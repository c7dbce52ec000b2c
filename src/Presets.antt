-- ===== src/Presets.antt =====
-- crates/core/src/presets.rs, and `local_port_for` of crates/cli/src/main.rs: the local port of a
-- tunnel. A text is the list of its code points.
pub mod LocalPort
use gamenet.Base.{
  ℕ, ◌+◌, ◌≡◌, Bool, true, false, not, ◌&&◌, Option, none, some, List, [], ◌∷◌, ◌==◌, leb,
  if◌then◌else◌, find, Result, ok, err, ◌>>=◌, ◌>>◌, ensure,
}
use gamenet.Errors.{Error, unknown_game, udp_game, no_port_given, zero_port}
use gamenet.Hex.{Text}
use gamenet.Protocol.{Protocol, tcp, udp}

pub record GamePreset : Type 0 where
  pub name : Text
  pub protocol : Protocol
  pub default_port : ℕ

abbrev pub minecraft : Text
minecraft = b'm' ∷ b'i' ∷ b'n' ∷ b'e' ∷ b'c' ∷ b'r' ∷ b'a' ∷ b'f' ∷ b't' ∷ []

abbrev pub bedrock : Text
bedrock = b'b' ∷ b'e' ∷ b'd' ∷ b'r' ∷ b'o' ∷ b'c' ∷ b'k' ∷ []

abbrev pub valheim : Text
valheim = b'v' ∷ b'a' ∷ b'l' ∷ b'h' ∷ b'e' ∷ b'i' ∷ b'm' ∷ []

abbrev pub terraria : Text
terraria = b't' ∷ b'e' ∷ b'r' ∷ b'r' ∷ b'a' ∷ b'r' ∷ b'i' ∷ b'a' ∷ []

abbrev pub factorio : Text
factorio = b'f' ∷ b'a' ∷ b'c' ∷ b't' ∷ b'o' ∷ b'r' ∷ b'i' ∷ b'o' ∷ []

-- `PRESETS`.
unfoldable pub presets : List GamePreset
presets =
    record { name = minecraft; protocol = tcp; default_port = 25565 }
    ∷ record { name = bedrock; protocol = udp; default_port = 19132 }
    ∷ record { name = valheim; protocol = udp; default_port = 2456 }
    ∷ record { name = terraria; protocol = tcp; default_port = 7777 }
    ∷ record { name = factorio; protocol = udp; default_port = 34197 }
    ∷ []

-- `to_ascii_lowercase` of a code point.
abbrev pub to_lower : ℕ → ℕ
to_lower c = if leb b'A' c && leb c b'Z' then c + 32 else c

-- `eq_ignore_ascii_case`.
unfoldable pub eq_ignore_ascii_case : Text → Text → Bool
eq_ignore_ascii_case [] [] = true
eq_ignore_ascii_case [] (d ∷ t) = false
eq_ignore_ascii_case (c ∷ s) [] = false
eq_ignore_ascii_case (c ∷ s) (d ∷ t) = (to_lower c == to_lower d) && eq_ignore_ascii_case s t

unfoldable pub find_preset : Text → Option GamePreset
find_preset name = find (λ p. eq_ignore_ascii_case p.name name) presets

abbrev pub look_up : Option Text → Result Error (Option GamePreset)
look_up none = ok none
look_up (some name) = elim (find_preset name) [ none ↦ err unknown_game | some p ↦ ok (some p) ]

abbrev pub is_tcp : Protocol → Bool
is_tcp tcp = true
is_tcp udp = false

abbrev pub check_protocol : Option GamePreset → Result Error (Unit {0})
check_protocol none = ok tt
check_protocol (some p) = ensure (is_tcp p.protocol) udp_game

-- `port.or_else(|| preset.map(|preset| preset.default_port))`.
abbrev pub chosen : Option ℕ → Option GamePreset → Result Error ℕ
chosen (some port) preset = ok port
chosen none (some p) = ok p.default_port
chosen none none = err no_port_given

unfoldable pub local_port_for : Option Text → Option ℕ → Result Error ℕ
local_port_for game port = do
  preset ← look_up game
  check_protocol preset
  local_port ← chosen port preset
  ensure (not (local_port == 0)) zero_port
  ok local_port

########################################

Exercise directions —
Of all the entries above, repeat only the lines from the line that has "eq_ignore_ascii_case [] [] = true" to the line that has "unfoldable pub find_preset", both lines included, exactly.

Solution to this task —
eq_ignore_ascii_case [] [] = true
eq_ignore_ascii_case [] (d ∷ t) = false
eq_ignore_ascii_case (c ∷ s) [] = false
eq_ignore_ascii_case (c ∷ s) (d ∷ t) = (to_lower c == to_lower d) && eq_ignore_ascii_case s t

unfoldable pub find_preset : Text → Option GamePreset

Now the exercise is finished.